DESCRIPTION OF THE TASK >>
Output every record again so that it matches the original word for word.

THE RECORDS >>
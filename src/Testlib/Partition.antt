-- ===== src/Testlib/Partition.antt =====
-- netrix/testlib/lib.go: partitions of the replicas into labelled parts. `none` is a panic. Sizes are
-- natural numbers here: negative ones are outside of the model.
pub mod Panics
use tendermint_testing.Base.{
  ℕ, suc, ◌+◌, String, Bool, true, false, List, [], ◌∷◌, Option, none, some, ltb, nat_beq, length,
  get_elem?, string_eq, ◌⊎◌, inl, inr, is_some,
}
use tendermint_testing.Base.GoMap.{GoMap, lookup, insert}
use tendermint_testing.Base.Fallible.{◌>>=◌}
use tendermint_testing.Types.Replicas.{Replica, ReplicaStore, cap_of, iter}

pub data PartitionError : Type 0 where
  not_enough_replicas size_labels_mismatch : PartitionError

pub record Part : Type 0 where
  pub replicas : GoMap String Bool
  pub label : String
  pub size : ℕ

unfoldable pub new_part : String → ℕ → Part
new_part label size = record { replicas = []; label = label; size = size }

unfoldable pub add : Part → String → Part
add p r = record p { replicas = insert r true p.replicas }

abbrev pub ReplicaPartition : Type 0
ReplicaPartition = GoMap String Part

-- The first loop: labels[i] is read before the lengths are compared.
unfoldable pub make_parts : List ℕ → List String → ReplicaPartition → Option ReplicaPartition
unfolding new_part
make_parts [] labels parts = some parts
make_parts (s ∷ sizes) [] parts = none
make_parts (s ∷ sizes) (l ∷ labels) parts = make_parts sizes labels (insert l (new_part l s) parts)

abbrev pub sum : List ℕ → ℕ
sum [] = 0
sum (s ∷ sizes) = s + sum sizes

-- partition.parts[label].add(id), where a missing part is a nil pointer.
unfoldable pub add_to : String → String → ReplicaPartition → Option ReplicaPartition
unfolding add
add_to label id parts = elim (lookup label parts) [
  | none ↦ none
  | some p ↦ some (insert label (add p id) parts)
]

-- The second loop, with curIndex and curPartSize. When a part is full the next one gets the replica,
-- and curPartSize stays as it is.
unfoldable pub assign :
    List ℕ
    → List String
    → ℕ
    → ℕ
    → List (Option Replica)
    → ReplicaPartition
    → Option ReplicaPartition
unfolding add_to
assign sizes labels i filled [] parts = some parts
assign sizes labels i filled (none ∷ rs) parts = none
assign sizes labels i filled (some r ∷ rs) parts = do
  label ← get_elem? labels i
  size ← get_elem? sizes i
  elim (ltb filled size) [
    | true ↦ add_to label r.id parts >>= assign sizes labels i (filled + 1) rs
    | false ↦ do
      next ← get_elem? labels (suc i)
      add_to next r.id parts >>= assign sizes labels (suc i) filled rs
  ]

unfoldable pub new_partition :
    ReplicaStore → List ℕ → List String → Option (PartitionError ⊎ ReplicaPartition)
unfolding make_parts assign
new_partition store sizes labels = do
  parts ← make_parts sizes labels []
  elim (ltb (cap_of store) (sum sizes)) [
    | true ↦ some (inl not_enough_replicas)
    | false ↦ elim (nat_beq (length sizes) (length labels)) [
      | false ↦ some (inl size_labels_mismatch)
      | true ↦ do
        replicas ← iter store
        filled ← assign sizes labels 0 0 replicas parts
        some (inr filled)
    ]
  ]

unfoldable pub in_part : ReplicaPartition → String → String → Bool
in_part p replica label = elim (lookup label p) [
  | none ↦ false
  | some part ↦ is_some (lookup replica part.replicas)
]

EXPECTED ANSWER >>
filename src/Testlib/Partition.antt
-- ===== src/Testlib/Partition.antt =====
-- netrix/testlib/lib.go: partitions of the replicas into labelled parts. `none` is a panic. Sizes are
-- natural numbers here: negative ones are outside of the model.
pub mod Panics
use tendermint_testing.Base.{
  ℕ, suc, ◌+◌, String, Bool, true, false, List, [], ◌∷◌, Option, none, some, ltb, nat_beq, length,
  get_elem?, string_eq, ◌⊎◌, inl, inr, is_some,
}
use tendermint_testing.Base.GoMap.{GoMap, lookup, insert}
use tendermint_testing.Base.Fallible.{◌>>=◌}
use tendermint_testing.Types.Replicas.{Replica, ReplicaStore, cap_of, iter}

pub data PartitionError : Type 0 where
  not_enough_replicas size_labels_mismatch : PartitionError

pub record Part : Type 0 where
  pub replicas : GoMap String Bool
  pub label : String
  pub size : ℕ

unfoldable pub new_part : String → ℕ → Part
new_part label size = record { replicas = []; label = label; size = size }

unfoldable pub add : Part → String → Part
add p r = record p { replicas = insert r true p.replicas }

abbrev pub ReplicaPartition : Type 0
ReplicaPartition = GoMap String Part

-- The first loop: labels[i] is read before the lengths are compared.
unfoldable pub make_parts : List ℕ → List String → ReplicaPartition → Option ReplicaPartition
unfolding new_part
make_parts [] labels parts = some parts
make_parts (s ∷ sizes) [] parts = none
make_parts (s ∷ sizes) (l ∷ labels) parts = make_parts sizes labels (insert l (new_part l s) parts)

abbrev pub sum : List ℕ → ℕ
sum [] = 0
sum (s ∷ sizes) = s + sum sizes

-- partition.parts[label].add(id), where a missing part is a nil pointer.
unfoldable pub add_to : String → String → ReplicaPartition → Option ReplicaPartition
unfolding add
add_to label id parts = elim (lookup label parts) [
  | none ↦ none
  | some p ↦ some (insert label (add p id) parts)
]

-- The second loop, with curIndex and curPartSize. When a part is full the next one gets the replica,
-- and curPartSize stays as it is.
unfoldable pub assign :
    List ℕ
    → List String
    → ℕ
    → ℕ
    → List (Option Replica)
    → ReplicaPartition
    → Option ReplicaPartition
unfolding add_to
assign sizes labels i filled [] parts = some parts
assign sizes labels i filled (none ∷ rs) parts = none
assign sizes labels i filled (some r ∷ rs) parts = do
  label ← get_elem? labels i
  size ← get_elem? sizes i
  elim (ltb filled size) [
    | true ↦ add_to label r.id parts >>= assign sizes labels i (filled + 1) rs
    | false ↦ do
      next ← get_elem? labels (suc i)
      add_to next r.id parts >>= assign sizes labels (suc i) filled rs
  ]

unfoldable pub new_partition :
    ReplicaStore → List ℕ → List String → Option (PartitionError ⊎ ReplicaPartition)
unfolding make_parts assign
new_partition store sizes labels = do
  parts ← make_parts sizes labels []
  elim (ltb (cap_of store) (sum sizes)) [
    | true ↦ some (inl not_enough_replicas)
    | false ↦ elim (nat_beq (length sizes) (length labels)) [
      | false ↦ some (inl size_labels_mismatch)
      | true ↦ do
        replicas ← iter store
        filled ← assign sizes labels 0 0 replicas parts
        some (inr filled)
    ]
  ]

unfoldable pub in_part : ReplicaPartition → String → String → Bool
in_part p replica label = elim (lookup label p) [
  | none ↦ false
  | some part ↦ is_some (lookup replica part.replicas)
]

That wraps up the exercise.